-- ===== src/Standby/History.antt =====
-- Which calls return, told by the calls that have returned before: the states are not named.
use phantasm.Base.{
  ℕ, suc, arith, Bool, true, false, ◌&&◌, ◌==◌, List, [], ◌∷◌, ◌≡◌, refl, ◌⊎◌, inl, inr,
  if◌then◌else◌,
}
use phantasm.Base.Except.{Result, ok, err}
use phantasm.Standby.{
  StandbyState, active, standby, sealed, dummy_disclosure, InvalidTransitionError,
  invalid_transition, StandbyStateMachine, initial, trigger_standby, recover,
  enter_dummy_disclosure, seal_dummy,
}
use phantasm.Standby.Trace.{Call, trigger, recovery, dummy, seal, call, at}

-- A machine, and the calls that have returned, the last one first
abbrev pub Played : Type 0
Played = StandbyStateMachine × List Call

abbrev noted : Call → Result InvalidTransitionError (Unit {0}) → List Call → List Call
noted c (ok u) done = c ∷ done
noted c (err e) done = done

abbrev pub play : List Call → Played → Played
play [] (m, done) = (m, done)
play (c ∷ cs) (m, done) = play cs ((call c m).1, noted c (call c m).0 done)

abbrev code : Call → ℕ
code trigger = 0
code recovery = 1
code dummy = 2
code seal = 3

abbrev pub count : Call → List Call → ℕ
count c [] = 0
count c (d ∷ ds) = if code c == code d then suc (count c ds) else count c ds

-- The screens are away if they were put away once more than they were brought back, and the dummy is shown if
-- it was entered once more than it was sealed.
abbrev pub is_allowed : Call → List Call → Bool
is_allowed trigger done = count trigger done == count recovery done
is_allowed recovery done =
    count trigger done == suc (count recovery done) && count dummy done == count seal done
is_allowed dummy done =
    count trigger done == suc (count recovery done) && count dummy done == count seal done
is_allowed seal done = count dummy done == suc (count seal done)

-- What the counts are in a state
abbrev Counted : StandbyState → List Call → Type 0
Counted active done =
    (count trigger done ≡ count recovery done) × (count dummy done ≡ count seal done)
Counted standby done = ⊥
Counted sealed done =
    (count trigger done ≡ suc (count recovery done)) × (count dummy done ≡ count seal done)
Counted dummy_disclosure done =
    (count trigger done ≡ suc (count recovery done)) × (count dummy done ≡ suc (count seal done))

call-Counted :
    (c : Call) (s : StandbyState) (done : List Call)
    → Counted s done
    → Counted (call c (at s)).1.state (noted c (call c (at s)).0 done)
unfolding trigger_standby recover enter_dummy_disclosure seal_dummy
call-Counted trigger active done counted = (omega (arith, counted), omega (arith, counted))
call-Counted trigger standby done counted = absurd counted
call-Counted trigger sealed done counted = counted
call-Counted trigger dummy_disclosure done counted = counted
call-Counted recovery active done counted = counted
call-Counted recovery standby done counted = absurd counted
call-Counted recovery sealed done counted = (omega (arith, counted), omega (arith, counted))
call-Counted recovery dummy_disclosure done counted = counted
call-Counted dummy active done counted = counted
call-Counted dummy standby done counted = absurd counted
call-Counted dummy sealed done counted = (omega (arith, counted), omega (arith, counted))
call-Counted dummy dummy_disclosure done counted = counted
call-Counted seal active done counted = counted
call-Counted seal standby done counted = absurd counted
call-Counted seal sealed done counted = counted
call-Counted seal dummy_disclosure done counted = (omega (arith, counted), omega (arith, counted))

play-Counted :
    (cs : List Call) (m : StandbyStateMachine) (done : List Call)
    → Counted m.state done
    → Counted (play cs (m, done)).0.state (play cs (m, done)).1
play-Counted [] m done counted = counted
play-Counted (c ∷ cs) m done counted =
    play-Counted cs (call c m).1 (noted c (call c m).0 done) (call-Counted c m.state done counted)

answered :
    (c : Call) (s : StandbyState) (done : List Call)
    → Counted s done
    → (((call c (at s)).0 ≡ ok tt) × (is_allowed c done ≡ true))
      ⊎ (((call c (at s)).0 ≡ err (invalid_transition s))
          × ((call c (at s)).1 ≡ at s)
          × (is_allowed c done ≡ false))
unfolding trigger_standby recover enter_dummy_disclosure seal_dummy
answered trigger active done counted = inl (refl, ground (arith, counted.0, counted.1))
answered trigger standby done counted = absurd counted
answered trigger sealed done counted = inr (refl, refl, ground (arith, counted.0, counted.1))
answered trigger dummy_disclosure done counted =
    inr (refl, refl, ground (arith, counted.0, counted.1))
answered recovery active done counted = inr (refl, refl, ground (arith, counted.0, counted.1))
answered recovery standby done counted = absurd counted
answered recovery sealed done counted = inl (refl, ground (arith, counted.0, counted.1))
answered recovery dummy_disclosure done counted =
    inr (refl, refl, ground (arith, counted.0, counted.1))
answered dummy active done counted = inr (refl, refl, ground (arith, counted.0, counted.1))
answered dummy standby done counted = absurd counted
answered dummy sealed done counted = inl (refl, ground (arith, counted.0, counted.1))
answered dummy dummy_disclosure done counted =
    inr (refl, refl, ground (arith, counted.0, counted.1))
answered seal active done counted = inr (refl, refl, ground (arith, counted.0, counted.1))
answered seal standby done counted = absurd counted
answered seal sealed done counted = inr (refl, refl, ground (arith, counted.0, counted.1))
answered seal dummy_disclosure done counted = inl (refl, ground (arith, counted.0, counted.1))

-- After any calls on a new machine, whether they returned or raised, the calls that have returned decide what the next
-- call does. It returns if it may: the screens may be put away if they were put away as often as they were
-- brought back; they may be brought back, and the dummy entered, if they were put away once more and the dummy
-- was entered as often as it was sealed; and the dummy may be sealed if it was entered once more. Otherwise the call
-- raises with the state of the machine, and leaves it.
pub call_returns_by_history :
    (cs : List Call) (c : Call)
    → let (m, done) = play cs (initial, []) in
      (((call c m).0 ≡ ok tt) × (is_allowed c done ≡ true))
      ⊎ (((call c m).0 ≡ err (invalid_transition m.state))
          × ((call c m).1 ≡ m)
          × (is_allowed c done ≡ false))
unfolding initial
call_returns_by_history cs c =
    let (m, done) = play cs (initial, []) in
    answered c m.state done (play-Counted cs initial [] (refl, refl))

____

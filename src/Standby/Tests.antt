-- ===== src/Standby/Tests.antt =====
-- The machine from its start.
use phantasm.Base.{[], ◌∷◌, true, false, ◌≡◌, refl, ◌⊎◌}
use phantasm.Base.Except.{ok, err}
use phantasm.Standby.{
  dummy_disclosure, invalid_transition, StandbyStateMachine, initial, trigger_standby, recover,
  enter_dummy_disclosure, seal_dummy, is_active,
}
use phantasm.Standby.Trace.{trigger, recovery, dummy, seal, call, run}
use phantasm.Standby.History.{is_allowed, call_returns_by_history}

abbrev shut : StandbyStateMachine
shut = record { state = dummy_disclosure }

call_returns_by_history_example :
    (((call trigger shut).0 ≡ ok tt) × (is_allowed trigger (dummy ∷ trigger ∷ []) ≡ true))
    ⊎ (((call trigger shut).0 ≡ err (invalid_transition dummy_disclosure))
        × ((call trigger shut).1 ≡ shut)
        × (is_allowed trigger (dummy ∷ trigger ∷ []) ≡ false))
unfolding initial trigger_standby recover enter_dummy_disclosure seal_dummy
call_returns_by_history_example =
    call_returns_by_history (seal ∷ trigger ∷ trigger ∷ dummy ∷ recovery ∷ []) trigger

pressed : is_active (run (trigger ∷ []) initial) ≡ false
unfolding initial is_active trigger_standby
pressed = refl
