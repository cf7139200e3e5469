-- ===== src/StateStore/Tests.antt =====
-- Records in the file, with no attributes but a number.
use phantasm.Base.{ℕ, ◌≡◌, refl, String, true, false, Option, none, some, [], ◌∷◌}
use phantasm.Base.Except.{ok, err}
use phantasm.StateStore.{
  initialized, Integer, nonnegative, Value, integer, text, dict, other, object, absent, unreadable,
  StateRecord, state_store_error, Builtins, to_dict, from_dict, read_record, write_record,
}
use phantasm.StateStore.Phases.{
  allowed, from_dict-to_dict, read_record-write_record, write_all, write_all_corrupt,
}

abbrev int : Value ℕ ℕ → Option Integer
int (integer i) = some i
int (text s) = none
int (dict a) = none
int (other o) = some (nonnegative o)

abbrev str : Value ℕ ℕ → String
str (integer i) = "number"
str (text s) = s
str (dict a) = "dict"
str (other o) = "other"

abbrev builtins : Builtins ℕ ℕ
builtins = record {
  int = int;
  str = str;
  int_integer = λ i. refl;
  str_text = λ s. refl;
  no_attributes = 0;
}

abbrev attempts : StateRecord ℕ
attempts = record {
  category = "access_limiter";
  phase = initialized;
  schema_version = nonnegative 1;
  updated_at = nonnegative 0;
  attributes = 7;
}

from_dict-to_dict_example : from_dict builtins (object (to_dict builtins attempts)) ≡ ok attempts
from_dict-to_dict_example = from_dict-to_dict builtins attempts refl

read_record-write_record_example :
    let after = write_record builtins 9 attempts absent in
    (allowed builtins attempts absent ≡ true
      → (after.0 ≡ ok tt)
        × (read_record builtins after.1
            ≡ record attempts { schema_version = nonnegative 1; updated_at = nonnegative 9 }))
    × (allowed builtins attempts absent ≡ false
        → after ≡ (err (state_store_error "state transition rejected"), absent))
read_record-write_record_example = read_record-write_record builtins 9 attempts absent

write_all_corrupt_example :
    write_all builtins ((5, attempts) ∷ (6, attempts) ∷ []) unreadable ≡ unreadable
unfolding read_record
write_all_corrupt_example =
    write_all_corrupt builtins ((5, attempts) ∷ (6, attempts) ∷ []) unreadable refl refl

____

▶ [Description of the task] Whatever else the listing above holds, retype exactly only the lines from the one containing "-- ===== src/Standby/History.antt" to the one containing "Counted sealed done", both ends kept.

▶ [Written response]
-- ===== src/Standby/History.antt =====
-- Which calls return, told by the calls that have returned before: the states are not named.
use phantasm.Base.{
  ℕ, suc, arith, Bool, true, false, ◌&&◌, ◌==◌, List, [], ◌∷◌, ◌≡◌, refl, ◌⊎◌, inl, inr,
  if◌then◌else◌,
}
use phantasm.Base.Except.{Result, ok, err}
use phantasm.Standby.{
  StandbyState, active, standby, sealed, dummy_disclosure, InvalidTransitionError,
  invalid_transition, StandbyStateMachine, initial, trigger_standby, recover,
  enter_dummy_disclosure, seal_dummy,
}
use phantasm.Standby.Trace.{Call, trigger, recovery, dummy, seal, call, at}

-- A machine, and the calls that have returned, the last one first
abbrev pub Played : Type 0
Played = StandbyStateMachine × List Call

abbrev noted : Call → Result InvalidTransitionError (Unit {0}) → List Call → List Call
noted c (ok u) done = c ∷ done
noted c (err e) done = done

abbrev pub play : List Call → Played → Played
play [] (m, done) = (m, done)
play (c ∷ cs) (m, done) = play cs ((call c m).1, noted c (call c m).0 done)

abbrev code : Call → ℕ
code trigger = 0
code recovery = 1
code dummy = 2
code seal = 3

abbrev pub count : Call → List Call → ℕ
count c [] = 0
count c (d ∷ ds) = if code c == code d then suc (count c ds) else count c ds

-- The screens are away if they were put away once more than they were brought back, and the dummy is shown if
-- it was entered once more than it was sealed.
abbrev pub is_allowed : Call → List Call → Bool
is_allowed trigger done = count trigger done == count recovery done
is_allowed recovery done =
    count trigger done == suc (count recovery done) && count dummy done == count seal done
is_allowed dummy done =
    count trigger done == suc (count recovery done) && count dummy done == count seal done
is_allowed seal done = count dummy done == suc (count seal done)

-- What the counts are in a state
abbrev Counted : StandbyState → List Call → Type 0
Counted active done =
    (count trigger done ≡ count recovery done) × (count dummy done ≡ count seal done)
Counted standby done = ⊥
Counted sealed done =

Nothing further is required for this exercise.